The country is moving toward fascism. We see the current administration dismantling beneficial social and environmental programs while expanding repressive police and military functions of government. Resistance is our only hope, for what we tolerate is what we get. Besides, standing up to institutional Powers that would destroy life is the right thing to do. “In times of tyranny, the only way to maintain our humanity is to resist.”
One form of resistance is to expose the ideologies that provide a foundation for tyranny. Today I critique the theology of the Religious Right, which wields tremendous power in the Republican Party and was able to influence so many white Evangelicals to vote for Donald Trump. My primary purpose today is to refute the “theological sadism” that tolerates and furthers suffering while explaining it away in religious terms. As theologian Dorothy Solle said, “That explanation of suffering that looks away from the victim and identifies itself with a righteousness that is supposed to stand behind the suffering has already taken a step in the direction of theological sadism, which wants to understand God as the torturer.”

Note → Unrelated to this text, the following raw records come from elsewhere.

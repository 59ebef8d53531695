-- ===== src/Planning/Bundle.antt =====
-- planning/src/planner.cpp: `BundleEvaluator`, which orders the tasks of one vehicle. The evaluation
-- asks the search for routes directly; Cache models the table of `route_to`.
pub mod Budget
pub mod Feasible
pub mod Choice
pub mod Cache
use sentinel_public.Prelude.{
  ℕ, zero, suc, ◌+◌, ◌-◌, ◌*◌, Bool, true, false, not, ◌&&◌, ◌||◌, List, [], ◌∷◌, ◌++◌, Option,
  none, some, length, get_elem?, insert_at, map, any, ltb, leb, ◌==◌, if◌then◌else◌,
}
use sentinel_public.Prelude.Int.{ℤ, pos, ◌+ℤ◌, ◌-ℤ◌, ◌*ℤ◌, ltb_ℤ, leb_ℤ, eq_ℤ}
use sentinel_public.Prelude.Text.{Text, text_eq, text_lt}
use sentinel_public.Prelude.Word.{add64, sub64}
use sentinel_public.Prelude.Order.{tie, by}
use sentinel_public.Prelude.Best.{pick_all, range}
use sentinel_public.Protocol.Messages.{
  Capability, capability_number, delivery, TaskStatus, pending, VehicleState, TaskState,
  AllocationClaim,
}
use sentinel_public.Planning.Geometry.{Coordinate, coordinate, has_capability}
use sentinel_public.Planning.Energy.{reserve_energy}
use sentinel_public.Planning.Claims.{Route, Router, remaining_service, task_refused, only_if}

pub record BundleEvaluation : Type 0 where
  pub distance_mm : ℤ
  pub energy_mj : ℤ
  pub completion_tick : ℕ
  pub task_completion_ticks : List ℕ

pub record BundleInsertion : Type 0 where
  pub index : ℕ
  pub score : ℤ
  pub distance_mm : ℤ
  pub energy_mj : ℤ
  pub completion_tick : ℕ

unfoldable pub is_delivery : Capability → Bool
is_delivery delivery = true
is_delivery _ = false

abbrev pub no_evaluation : ℕ → BundleEvaluation
no_evaluation tick = record {
  distance_mm = pos 0;
  energy_mj = pos 0;
  completion_tick = tick;
  task_completion_ticks = [];
}

-- The sums of `evaluate` for one task and the route to it.
unfoldable pub extend : BundleEvaluation → TaskState → Route → BundleEvaluation
unfolding remaining_service
extend result task route =
    let service = remaining_service task in
    let completion = add64 result.completion_tick (add64 route.travel_ticks service) in
    record {
      distance_mm = result.distance_mm +ℤ route.distance_mm;
      energy_mj =
          result.energy_mj +ℤ (route.energy_mj +ℤ pos service *ℤ task.service_energy_mj_per_tick);
      completion_tick = completion;
      task_completion_ticks = result.task_completion_ticks ++ completion ∷ [];
    }

-- The tests of `evaluate` after the sums.
unfoldable pub exceeds : ℤ → TaskState → BundleEvaluation → Bool
unfolding remaining_service
exceeds available task result =
    ltb_ℤ (pos (remaining_service task) *ℤ task.service_energy_mj_per_tick) (pos 0)
    || (ltb_ℤ available result.energy_mj || ltb task.deadline_tick result.completion_tick)

unfoldable pub payload_after : TaskState → ℤ → ℤ
unfolding is_delivery
payload_after task payload =
    if is_delivery task.required_capability then payload -ℤ task.payload_required_grams else payload

unfoldable pub target_of : TaskState → Coordinate
target_of task = coordinate task.target.x_mm task.target.y_mm

-- An insertion replaces the best so far: a larger score, then a smaller tuple.
unfoldable pub better : BundleInsertion → BundleInsertion → Bool
better insertion best =
    ltb_ℤ best.score insertion.score
    || (eq_ℤ insertion.score best.score
        && tie (by (λ i. i.distance_mm) ltb_ℤ)
            (tie (by (λ i. i.energy_mj) ltb_ℤ)
              (tie (by (λ i. i.completion_tick) ltb) (by (λ i. i.index) ltb)))
            insertion best)

-- The element of a vector; the source's indices are in range.
abbrev pub tick_at : List ℕ → ℕ → ℕ
tick_at ticks i = elim (get_elem? ticks i) [ none ↦ 0 | some t ↦ t ]

-- The sum of the delays of the `count` tasks from `task_index` on.
unfoldable pub delay_from : List ℕ → List ℕ → ℕ → ℕ → ℕ → ℕ → ℕ
delay_from evaluated current index task_index zero delay_ticks = delay_ticks
delay_from evaluated current index task_index (suc count) delay_ticks =
    let inserted_index = if ltb task_index index then task_index else task_index + 1 in
    let later = tick_at evaluated inserted_index in
    let sooner = tick_at current task_index in
    delay_from evaluated current index (suc task_index) count
      (if ltb sooner later then add64 delay_ticks (later - sooner) else delay_ticks)

-- The body of the loop of `best_insertion`, where the tasks with the candidate can be served.
unfoldable pub insertion_of :
    TaskState → BundleEvaluation → ℕ → ℕ → BundleEvaluation → BundleInsertion
unfolding delay_from
insertion_of candidate current count index evaluated =
    let delay_ticks =
      delay_from evaluated.task_completion_ticks current.task_completion_ticks index 0 count 0 in
    let distance = evaluated.distance_mm -ℤ current.distance_mm in
    let energy = evaluated.energy_mj -ℤ current.energy_mj in
    let completion = tick_at evaluated.task_completion_ticks index in
    let slack = sub64 candidate.deadline_tick completion in
    record {
      index = index;
      score =
          pos (candidate.priority * 1000000000000)
          +ℤ pos (slack * 1000000)
          -ℤ pos (delay_ticks * 1000000)
          -ℤ distance
          -ℤ energy;
      distance_mm = distance;
      energy_mj = energy;
      completion_tick = completion;
    }

module _ (route_from : Router) where
  -- One round of the loop of `evaluate`.
  unfoldable pub visit :
      VehicleState → ℤ → TaskState → BundleEvaluation → Coordinate → ℤ → Option BundleEvaluation
  unfolding task_refused extend exceeds target_of
  visit vehicle available task result position payload =
      if task_refused vehicle task payload result.completion_tick
      then none
      else elim (route_from vehicle position (target_of task)) [
        | none ↦ none
        | some route ↦
            only_if (λ r. not (exceeds available task r)) (some (extend result task route))
      ]

  unfoldable pub visit_all :
      VehicleState
      → ℤ
      → List TaskState
      → BundleEvaluation
      → Coordinate
      → ℤ
      → Option BundleEvaluation
  unfolding payload_after
  visit_all vehicle available [] result position payload = some result
  visit_all vehicle available (task ∷ tasks) result position payload =
      elim (visit vehicle available task result position payload) [
        | none ↦ none
        | some result' ↦
            visit_all vehicle available tasks result' (target_of task) (payload_after task payload)
      ]

  unfoldable pub evaluate : VehicleState → ℕ → ℕ → List TaskState → Option BundleEvaluation
  evaluate vehicle tick step_ms ordered_tasks =
      let available = vehicle.energy_mj -ℤ reserve_energy vehicle in
      if not vehicle.active || step_ms == 0
      then none
      else if ltb_ℤ available (pos 0)
      then none
      else visit_all vehicle available ordered_tasks (no_evaluation tick)
          (coordinate vehicle.position.x_mm vehicle.position.y_mm) vehicle.payload_grams

  unfoldable pub insertion_at :
      VehicleState
      → ℕ
      → ℕ
      → List TaskState
      → TaskState
      → BundleEvaluation
      → ℕ
      → Option BundleInsertion
  unfolding insertion_of
  insertion_at vehicle tick step_ms ordered_tasks candidate current index =
      elim (evaluate vehicle tick step_ms (insert_at ordered_tasks index candidate)) [
        | none ↦ none
        | some evaluated ↦
            some (insertion_of candidate current (length ordered_tasks) index evaluated)
      ]

  unfoldable pub best_insertion :
      VehicleState → ℕ → ℕ → List TaskState → TaskState → ℕ → Option BundleInsertion
  unfolding better insertion_at
  best_insertion vehicle tick step_ms ordered_tasks candidate minimum_index =
      if ltb (length ordered_tasks) minimum_index
        || any (λ t. text_eq t.id candidate.id) ordered_tasks
      then none
      else elim (evaluate vehicle tick step_ms ordered_tasks) [
        | none ↦ none
        | some current ↦ pick_all better none (
            map (insertion_at vehicle tick step_ms ordered_tasks candidate current)
              (range minimum_index (suc (length ordered_tasks) - minimum_index)))
      ]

Religious justifications that support cruelty, abuse, exclusion, and hierarchical domination are based on a faulty understanding of who God is and why Jesus died. Did God send Jesus to die on the cross? Was this God’s original plan to save people who believe in this story from going to hell? Is the suffering of Jesus on the cross a pattern that we are to follow by accepting our lot in life? I say NO, as do most feminist and other liberation theologians.
The idea that human beings need to be reconciled through blood sacrifice to a wrathful God is basic to conservative Christianity and is reflected in popular culture. A scene from the movie The Apostle illustrates this view. At the high point of the movie, the main character, a preacher played by Robert Duvall, holds up a baby in front of the congregation and says, “Could I ever drive a nail through the hand of this precious baby? I couldn’t, but God could. That’s what God did for you and me.”
Mel Gibson’s The Passion of Christ, criticized for its gratuitous violence and anti-Semitism, portrays a similar message through its unrelenting scenes of the sadistic torture of a passive and miserable Jesus. The point? That Jesus went through all this suffering (yes, it was God’s plan) in order to save you and me.
But this view substitutes a dogma about Jesus for the reality of Jesus’ life and teachings, and the events that led to his death. It makes the death of Jesus acceptable, and takes away the “scandal of the cross.”
If I stand by, approving the execution of Jesus as a human sacrifice given in my place to a judgmental God, I stand with the High Priest Caiaphas, who argued that it was “expedient for one man to die for the people.” If I applaud the crucifixion of Jesus as a good plan, even God’s plan, I place God on the side of the Roman Empire, which crucified subversives, including Jesus, as a matter of course, just as governments execute subversives today. If I collaborate with those who put Jesus to death by justifying his murder on religious grounds, with theories of why blood needed to be spilt, I put myself on the side of the blood-thirsty mobs who called for Jesus to be crucified and who have engaged in atrocities throughout history. If I ignore the political context and accept the execution of Jesus as a predetermined event that happened just as God intended, the symbol of the cross becomes a sign of God’s approval of the status quo rather than a symbol of hope for transformation of the world.